碧の箭竹、天にのびる冷杉、高山杜鵑、三層に色づく神農架
神農記(5)神農架・冷杉と杜鵑
(神農伝説)
【前のお話し】神農記(4)老君煉鉄
神農架の原生林 |
神農架の麓にある山郷、碧の箭竹、天にのびる冷杉、高山杜鵑。
鮮やかに色づく山裾、薬草採取の手を止め見あげる神農。
思い出すのは、娘と若者、あのふたりのことでした。
(杜鵑花:読みは「トゥーチュエンフア」、「とけんか」、ここでは山ツツジの意)
娘は聡明で可愛いタイプ、猟師の若者が恋をして、娘もまた。
なんだかそこらの気温が3℃ほども上昇しそうな話しですが、そういうウワサは今も昔もすぐに広まるものです。
山賊の馬皇(ばおう)にうわさが届いてしまいました。
若者の猟の腕もなかなかに好いらしい。
馬皇は娘をものにして若者は配下にしようなどと、ろくでもないことを考えます。
そういう悪だくみもまた、すぐに広まるものです。
娘と若者は逃亡、馬皇の追っ手がかかります。
神農架に逃げ込むふたり、たまたま山を下りていた神農がそれを見ていました。
神農もまた、娘と若者の事情は知っています。
駆け出す神農、追っ手が矢を放つ、倒れるふたり。
神農が手にした種子を撒き散らすと、箭竹が生え繁り波濤のように広がりながら追っ手を襲いました。
追っ手たちは竹に絡め獲られ、ふたりは、
手を取り合ったまま、すでに死んでいました。
毒矢、人に向かって射たのか!
どんなミスを犯したというのか。
農業を興し、医薬を作り、鉄器を作る手助けもした。
人は強くなったはずだ、なのに、このふたりは死んでいる。
何か変だ、神仙になってからというもの、神農にはそんな疑問がいつもありました。
神農の仙気、若者は冷杉になって高く伸びていきました。
娘は杜鵑となって花を開き、ふたりは永遠の伴侶となりました。
箭竹、冷杉、高山杜鵑、三層に彩られた神農架の山裾、それは神農が何か問いかけているのかもしれません。
馬皇はその後、人畜の血を吸う種類の害虫、
山ヒルとなって竹林に住むようになったということです。
【次のお話し】神農記(6)木の魚
杜鵑の読みはふつうは「ホトトギス」ですが、このお話しでは「トゥーチェン,とけん」で、ここでの杜鵑は、山ツツジを意味します。
原話では、少女の名が杜鵑で、若者の名が冷杉でした。
別の伝説で、炎帝の娘が海で大波に呑まれて、死後に鳥となるお話しがあります。
その鳥を“精衛(チンウェイ)”といいますが、小枝を咥えて来ては海に捨て海を埋め尽くそうとします。

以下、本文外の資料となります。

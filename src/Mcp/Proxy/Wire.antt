-- ===== src/Mcp/Proxy/Wire.antt =====
-- What the proxy of cli/src/commands/mcp-proxy.ts makes of messages: which lines it holds back,
-- what it asks the daemon, how it reads the answer, and the reply to a denied call.
use open_agent_lock.Common.{
  has_string, js_string, ◌&&◌, is_falsy, Bool, Json, Option, Result, Text, [], arr, bool, codes,
  cons, end, err, field, is_str, Fields, if◌then◌else◌, string_text, member, nil, none, nullish,
  obj, ok, optional_member, present, some, str, take, true, ◌++◌, ◌<|>◌, ◌>>=◌, JsError,
}
use open_agent_lock.Daemon.{
  Reply, answer, decision_reason, is_success, permission_decision, unreachable,
}

-- The server that the proxy stands for, its working directory, and `JSON.parse`; `none` is a
-- syntax error.
pub record Link : Type 0 where
  pub server_name : Text
  pub cwd : Text
  pub parse : Text → Option Json

unfoldable pub session_id_for : Text → Text
session_id_for server_name = take 128 (codes "claude-desktop-" ++ server_name)

unfoldable pub mcp_tool_name : Text → Text → Text
mcp_tool_name server_name tool_name = codes "mcp__" ++ server_name ++ codes "__" ++ tool_name

-- `msg.id`, unless it is `undefined` or `null`
unfoldable pub response_id : Json → Option Json
response_id msg = present (optional_member (codes "id") (some msg))

-- `((msg.params ?? {}) as …).name ?? "<unknown>"`
unfoldable pub tool_name_of : Option Json → Json
tool_name_of params =
    nullish (present (optional_member (codes "name") params)) (str (codes "<unknown>"))

-- What `processLine` does with a line: write it to the child, throw, or ask the daemon first. It
-- throws where the id or the name of the tool, which the request converts, has no text.
pub data Route : Type 0 where
  pass : Route
  fault : Route
  gated : Json → Option Json → Route

abbrev pub hold : Option Json → Option Json → Route
hold none params = pass
hold (some id) params =
    if has_string id && has_string (tool_name_of params) then gated id params else fault

abbrev pub by_method : Json → Result JsError (Option Json) → Route
by_method msg (err e) = fault
by_method msg (ok method) =
    if is_str (codes "tools/call") method
    then hold (response_id msg) (optional_member (codes "params") (some msg))
    else pass

unfoldable pub route : Option Json → Route
unfolding response_id
route none = pass
route (some msg) = by_method msg (member (codes "method") msg)

unfoldable pub route_line : Link → Text → Route
unfolding route
route_line link line = route (link.parse line)

-- The body of the request that asks for a verdict, for `msg.id` and `msg.params`.
unfoldable pub pre_body : Link → Json → Option Json → Json
unfolding session_id_for mcp_tool_name tool_name_of
pre_body link id params = obj (
    field (codes "session_id") (str (session_id_for link.server_name)) (
      field (codes "hook_event_name") (str (codes "PreToolUse")) (
        field (codes "tool_name")
          (str (mcp_tool_name link.server_name (string_text (tool_name_of params))))
          (field (codes "tool_input")
            (nullish (present (optional_member (codes "arguments") params)) (obj end))
            (field (codes "tool_use_id") (str (string_text id))
              (field (codes "cwd") (str link.cwd) end))))))

-- `msg.result ?? msg.error`; `undefined` leaves the field out of the body.
abbrev response_field : Option Json → Fields
response_field none = end
response_field (some response) = field (codes "tool_response") response end

-- The body of the record of a finished call, for the message that finished it.
unfoldable pub post_body : Link → Json → Text → Json → Json
unfolding session_id_for mcp_tool_name
post_body link name tool_use_id msg = obj (
    field (codes "session_id") (str (session_id_for link.server_name)) (
      field (codes "hook_event_name") (str (codes "PostToolUse")) (
        field (codes "tool_name") (str (mcp_tool_name link.server_name (string_text name))) (
          field (codes "tool_input") (obj end) (
            field (codes "tool_use_id") (str tool_use_id) (
              response_field (
                present (optional_member (codes "result") (some msg))
                <|> optional_member (codes "error") (some msg))))))))

pub record Verdict : Type 0 where
  pub decision : Json
  pub reason : Json

abbrev pub allowed : Verdict
allowed = record { decision = str (codes "allow"); reason = str [] }

unfoldable pub read_verdict : Json → Result JsError Verdict
read_verdict parsed = do
  decision ← permission_decision parsed
  reason ← decision_reason parsed []
  ok (record { decision = nullish (present decision) (str (codes "allow")); reason = reason })

-- `catch { return { decision: "allow", reason: "" } }`
abbrev or_allowed : {E : Type 0} → Result E Verdict → Verdict
or_allowed (ok v) = v
or_allowed (err e) = allowed

abbrev judge : Result Text Json → Verdict
judge (err e) = allowed
judge (ok parsed) = or_allowed (read_verdict parsed)

-- `callPreToolUse`, from what `fetch` gives.
unfoldable pub verdict_of : Reply → Verdict
unfolding read_verdict permission_decision decision_reason
verdict_of unreachable = allowed
verdict_of (answer status body) = if is_success status then judge body else allowed

-- `decision === "deny"`
unfoldable pub is_denial : Verdict → Bool
is_denial v = is_str (codes "deny") (some v.decision)

unfoldable pub deny_text : Json → Result JsError Text
deny_text reason = do
  text ← js_string (if is_falsy reason then str (codes "denied") else reason)
  ok (codes "blocked by OpenAgentLock policy: " ++ text)

abbrev pub deny_message : Json → Text → Json
deny_message id text = obj (
    field (codes "jsonrpc") (str (codes "2.0")) (
      field (codes "id") id (
        field (codes "result")
          (obj (
            field (codes "isError") (bool true) (
              field (codes "content")
                (arr (
                  cons
                    (obj (
                      field (codes "type") (str (codes "text"))
                        (field (codes "text") (str text) end)))
                    nil))
                end)))
          end)))

unfoldable pub deny_response : Json → Json → Result JsError Json
unfolding deny_text
deny_response id reason = do text ← deny_text reason; ok (deny_message id text)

これは、精衛填海(チンウェイティエンハイ)という、「無駄と知りつつ諦めない」を意味する成語の故事です。
他にも岩燕を始めとして神農が鳥に助けられる話しは多く、神農と鳥の関りは深いようです。
このお話しも元々は、「少女は神農の娘だったんじゃなかろうか?」などと妄想します。